Extracted material:
-- ===== src/Zone/Kept.antt =====
-- What a tick of a zone, and its transfers, keep of the zone and do to its entities
-- (src/NECROWorld/Server/Simulation/Maps/Zone.cpp).
use necro_mmo.Common.{
  ℕ, ◌≡◌, refl, sym, ap, ◌∙◌, Option, none, some, List, [], ◌∷◌, ◌==◌, arith, Bool-cases, inl, inr,
  ==→eq, true, not, if◌then◌else◌, some_unique,
}
use necro_mmo.Common.Dict.{Dict, lookup, insert, lookup-insert}
use necro_mmo.Common.Int.{ℤ}
use necro_mmo.Entity.{Fpu, Entity, Transfer, cell_bound_check}
use necro_mmo.Zone.{Zone}
use necro_mmo.Zone.Placement.{IsValid}

-- The same guid leads to the same character, or to nothing, before and after.
abbrev pub SameOwner : Option Entity → Option Entity → Type 0
SameOwner none none = Unit
SameOwner (some e) (some e') = (e'.char_id ≡ e.char_id) × (e'.guid ≡ e.guid)
SameOwner none (some e') = ⊥
SameOwner (some e) none = ⊥

pub SameOwner-refl : (o : Option Entity) → SameOwner o o
SameOwner-refl none = tt
SameOwner-refl (some e) = (refl, refl)

pub SameOwner-trans : (a b c : Option Entity) → SameOwner a b → SameOwner b c → SameOwner a c
SameOwner-trans none none none p q = tt
SameOwner-trans (some a) (some b) (some c) p q = (q.0 ∙ p.0, q.1 ∙ p.1)
SameOwner-trans none (some b) c p q = absurd p
SameOwner-trans (some a) none c p q = absurd p
SameOwner-trans none none (some c) p q = absurd q
SameOwner-trans (some a) (some b) none p q = absurd q

-- What a tick keeps of a zone: its map, and who is in it.
pub record Kept (z z' : Zone) : Type 0 where
  pub id : z'.zone_id ≡ z.zone_id
  pub map : z'.map_id ≡ z.map_id
  pub wide : z'.width ≡ z.width
  pub high : z'.height ≡ z.height
  pub owners : (g : ℕ) → SameOwner (lookup g z.entities) (lookup g z'.entities)

pub Kept-refl : (z : Zone) → Kept z z
Kept-refl z = record {
  id = refl;
  map = refl;
  wide = refl;
  high = refl;
  owners = λ g. SameOwner-refl (lookup g z.entities);
}

pub Kept-trans : {x y z : Zone} → Kept x y → Kept y z → Kept x z
Kept-trans {x} {y} {z} p q = record {
  id = q.id ∙ p.id;
  map = q.map ∙ p.map;
  wide = q.wide ∙ p.wide;
  high = q.high ∙ p.high;
  owners = λ g.
      SameOwner-trans (lookup g x.entities) (lookup g y.entities) (lookup g z.entities) (p.owners g)
        (q.owners g);
}

-- A write through a known entity's pointer that leaves its owner.
pub SameOwner-insert :
    (h g : ℕ) (e e' : Entity) (es : Dict Entity)
    → lookup h es ≡ some e
    → e'.char_id ≡ e.char_id
    → e'.guid ≡ e.guid
    → SameOwner (lookup g es) (lookup g (insert h e' es))
SameOwner-insert h g e e' es known owner own = elim (Bool-cases (h == g)) [
  | inl same ↦
      rw (lookup-insert h g e' es, same)
        (by_known (lookup g es) (sym (ap (λ k. lookup k es) (==→eq h g same)) ∙ known))
  | inr other ↦ rw (lookup-insert h g e' es, other) (SameOwner-refl (lookup g es))
]
  where
    by_known : (o : Option Entity) → o ≡ some e → SameOwner o (some e')
    by_known none k = cc
    by_known (some f) k = ground (arith, k)

pub eq_refl : (n : ℕ) → (n == n) ≡ true
eq_refl n = ground arith

-- Where an entity stands: its place on the grid, and its position.
abbrev pub spot : Entity → ℤ × ℤ × ℕ × ℕ
spot e = (e.cur_grid_pos_x, e.cur_grid_pos_y, e.pos_x, e.pos_y)

-- What a request does to where the entity of a guid stands, on a map of `w` by `h` cells. If it is that
-- entity's, it gets the place on the grid that it asks for, if there is a cell, and otherwise the
-- position in the middle of the cell of its place.
abbrev pub arrives : Fpu → ℕ → ℕ → ℕ → Transfer → ℤ × ℤ × ℕ × ℕ → ℤ × ℤ × ℕ × ℕ
arrives fpu w h g ctx (x, y, p, q) =
    if not (ctx.guid == g)
    then (x, y, p, q)
    else if cell_bound_check ctx.new_grid_pos_x ctx.new_grid_pos_y w h
    then (ctx.new_grid_pos_x, ctx.new_grid_pos_y, p, q)
    else (x, y, fpu.of_grid x 64 32, fpu.of_grid y 32 16)

-- What the requests do to it, one after the other.
abbrev pub destination : Fpu → ℕ → ℕ → ℕ → List Transfer → ℤ × ℤ × ℕ × ℕ → ℤ × ℤ × ℕ × ℕ
destination fpu w h g [] at = at
destination fpu w h g (ctx ∷ ctxs) at = destination fpu w h g ctxs (arrives fpu w h g ctx at)

-- Every entity is still there, at its destination.
abbrev pub Arrived : Fpu → List Transfer → Zone → Zone → Type 0
Arrived fpu ctxs z z' =
    (g : ℕ) (e : Entity)
    → lookup g z.entities ≡ some e
    → (e' : Entity) × (lookup g z'.entities ≡ some e')
      × ((spot e') ≡ destination fpu z.width z.height g ctxs (spot e))

-- A transfer's write through the entity's pointer.
pub Arrived-insert :
    (fpu : Fpu) (ctx : Transfer) (e e' : Entity) (z z' : Zone)
    → lookup ctx.guid z.entities ≡ some e
    → z'.entities ≡ insert ctx.guid e' z.entities
    → (spot e') ≡ arrives fpu z.width z.height ctx.guid ctx (spot e)
    → Arrived fpu (ctx ∷ []) z z'
Arrived-insert fpu ctx e e' z z' known written at g f found = elim (Bool-cases (ctx.guid == g)) [
  | inl same ↦
      let own : lookup g z.entities ≡ some e =
        sym (ap (λ k. lookup k z.entities) (==→eq ctx.guid g same)) ∙ known in
      let f_is : e ≡ f = some_unique (lookup g z.entities) e f own found in
      (
        e',
        ap (lookup g) written ∙ (lookup-insert ctx.guid g e' z.entities ∙ rw same refl),
        at
            ∙ (ap (λ k. arrives fpu z.width z.height k ctx (spot e)) (==→eq ctx.guid g same)
                ∙ ap (λ k. arrives fpu z.width z.height g ctx (spot k)) f_is),
      )
  | inr other ↦ (
    f,
    ap (lookup g) written ∙ (lookup-insert ctx.guid g e' z.entities ∙ rw other found),
    rw other refl,
  )
]

-- Valid, and the same entities.
abbrev pub Served : Zone → Option Zone → Type 0
Served z r = (z' : Zone) × (r ≡ some z') × IsValid z' × Kept z z'

-- The transfers of a list of requests: valid, and the same entities, at their destinations.
abbrev pub Transferred : Fpu → List Transfer → Zone → Option Zone → Type 0
Transferred fpu ctxs z r =
    (z' : Zone) × (r ≡ some z') × IsValid z' × Kept z z' × Arrived fpu ctxs z z'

Problem to solve: Each line from the top of the data, up to and including the line that contains "SameOwner-refl none = tt", should be set down exactly.

Reply to the exercise:
-- ===== src/Zone/Kept.antt =====
-- What a tick of a zone, and its transfers, keep of the zone and do to its entities
-- (src/NECROWorld/Server/Simulation/Maps/Zone.cpp).
use necro_mmo.Common.{
  ℕ, ◌≡◌, refl, sym, ap, ◌∙◌, Option, none, some, List, [], ◌∷◌, ◌==◌, arith, Bool-cases, inl, inr,
  ==→eq, true, not, if◌then◌else◌, some_unique,
}
use necro_mmo.Common.Dict.{Dict, lookup, insert, lookup-insert}
use necro_mmo.Common.Int.{ℤ}
use necro_mmo.Entity.{Fpu, Entity, Transfer, cell_bound_check}
use necro_mmo.Zone.{Zone}
use necro_mmo.Zone.Placement.{IsValid}

-- The same guid leads to the same character, or to nothing, before and after.
abbrev pub SameOwner : Option Entity → Option Entity → Type 0
SameOwner none none = Unit
SameOwner (some e) (some e') = (e'.char_id ≡ e.char_id) × (e'.guid ≡ e.guid)
SameOwner none (some e') = ⊥
SameOwner (some e) none = ⊥

pub SameOwner-refl : (o : Option Entity) → SameOwner o o
SameOwner-refl none = tt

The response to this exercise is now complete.